■ Entries provided ■
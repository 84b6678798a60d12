-- ===== src/Bng/AddSub/Add.antt =====
-- bng_add adds, with the carry out worth one unit above the last digit.
use ocaml_pro_ocaml_branch.Base.{ℕ, ◌+◌, ◌*◌, ◌≤◌, ◌≡◌, List, [], ◌∷◌, arith, length}
use ocaml_pro_ocaml_branch.Bng.Digit.{add2_carry}
use ocaml_pro_ocaml_branch.Bng.Digit.Exact.{add2_carry_lem}
use ocaml_pro_ocaml_branch.Bng.Value.{value, weight, IsDigits}
use ocaml_pro_ocaml_branch.Bng.AddSub.{Outcome, increment, add_carry, add}

-- `r` holds `total` in the digits of `a` and the carry.
pub record IsSum (a : List ℕ) (total : ℕ) (r : Outcome) : Type 0 where
  pub same_length : length r.digits ≡ length a
  pub digits_ok : IsDigits r.digits
  pub carry_bit : r.carry ≤ 1
  pub is_total : value r.digits + weight (length a) * r.carry ≡ total

increment-IsSum : (a : List ℕ) → IsDigits a → IsSum a (value a + 1) (increment a)
unfolding increment value weight
increment-IsSum [] d = omega arith
increment-IsSum (x ∷ xs) d = ground (arith, increment-IsSum xs d.1)

-- bng_add_carry adds the carry to `a`.
pub add_carry-IsSum :
    (a : List ℕ) (carry : ℕ)
    → IsDigits a
    → carry ≤ 1
    → IsSum a (value a + carry) (add_carry a carry)
unfolding add_carry value weight
add_carry-IsSum [] c d h = ground arith
add_carry-IsSum (x ∷ xs) c d h = ground (arith, increment-IsSum (x ∷ xs) d)

-- For arrays of digits with `a` no shorter than `b` and a carry of 0 or 1, bng_add puts
-- `a + b + carry` into the digits of `a` and the carry out.
pub add-IsSum :
    (a b : List ℕ) (carry : ℕ)
    → IsDigits a
    → IsDigits b
    → length b ≤ length a
    → carry ≤ 1
    → IsSum a (value a + value b + carry) (add a b carry)
unfolding add value weight
add-IsSum a [] c da db le hc = ground (arith, add_carry-IsSum a c da hc)
add-IsSum [] (y ∷ ys) c da db le hc = absurd (omega arith)
add-IsSum (x ∷ xs) (y ∷ ys) c da db le hc =
    let s = add2_carry_lem x y c da.0 db.0 hc in
    let rest = add-IsSum xs ys (add2_carry x y c).carry da.1 db.1 (omega arith) s.2 in
    record {
      same_length = omega arith;
      digits_ok = (s.1, rest.digits_ok);
      carry_bit = rest.carry_bit;
      is_total = omega (arith, rest.is_total, s.0);
    }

■ Work request ■
Extract all the entries word for word.

■ Solution to this exercise ■
repository 84b6678798a60d12
-- ===== src/Bng/AddSub/Add.antt =====
-- bng_add adds, with the carry out worth one unit above the last digit.
use ocaml_pro_ocaml_branch.Base.{ℕ, ◌+◌, ◌*◌, ◌≤◌, ◌≡◌, List, [], ◌∷◌, arith, length}
use ocaml_pro_ocaml_branch.Bng.Digit.{add2_carry}
use ocaml_pro_ocaml_branch.Bng.Digit.Exact.{add2_carry_lem}
use ocaml_pro_ocaml_branch.Bng.Value.{value, weight, IsDigits}
use ocaml_pro_ocaml_branch.Bng.AddSub.{Outcome, increment, add_carry, add}

-- `r` holds `total` in the digits of `a` and the carry.
pub record IsSum (a : List ℕ) (total : ℕ) (r : Outcome) : Type 0 where
  pub same_length : length r.digits ≡ length a
  pub digits_ok : IsDigits r.digits
  pub carry_bit : r.carry ≤ 1
  pub is_total : value r.digits + weight (length a) * r.carry ≡ total

increment-IsSum : (a : List ℕ) → IsDigits a → IsSum a (value a + 1) (increment a)
unfolding increment value weight
increment-IsSum [] d = omega arith
increment-IsSum (x ∷ xs) d = ground (arith, increment-IsSum xs d.1)

-- bng_add_carry adds the carry to `a`.
pub add_carry-IsSum :
    (a : List ℕ) (carry : ℕ)
    → IsDigits a
    → carry ≤ 1
    → IsSum a (value a + carry) (add_carry a carry)
unfolding add_carry value weight
add_carry-IsSum [] c d h = ground arith
add_carry-IsSum (x ∷ xs) c d h = ground (arith, increment-IsSum (x ∷ xs) d)

-- For arrays of digits with `a` no shorter than `b` and a carry of 0 or 1, bng_add puts
-- `a + b + carry` into the digits of `a` and the carry out.
pub add-IsSum :
    (a b : List ℕ) (carry : ℕ)
    → IsDigits a
    → IsDigits b
    → length b ≤ length a
    → carry ≤ 1
    → IsSum a (value a + value b + carry) (add a b carry)
unfolding add value weight
add-IsSum a [] c da db le hc = ground (arith, add_carry-IsSum a c da hc)
add-IsSum [] (y ∷ ys) c da db le hc = absurd (omega arith)
add-IsSum (x ∷ xs) (y ∷ ys) c da db le hc =
    let s = add2_carry_lem x y c da.0 db.0 hc in
    let rest = add-IsSum xs ys (add2_carry x y c).carry da.1 db.1 (omega arith) s.2 in
    record {
      same_length = omega arith;
      digits_ok = (s.1, rest.digits_ok);
      carry_bit = rest.carry_bit;
      is_total = omega (arith, rest.is_total, s.0);
    }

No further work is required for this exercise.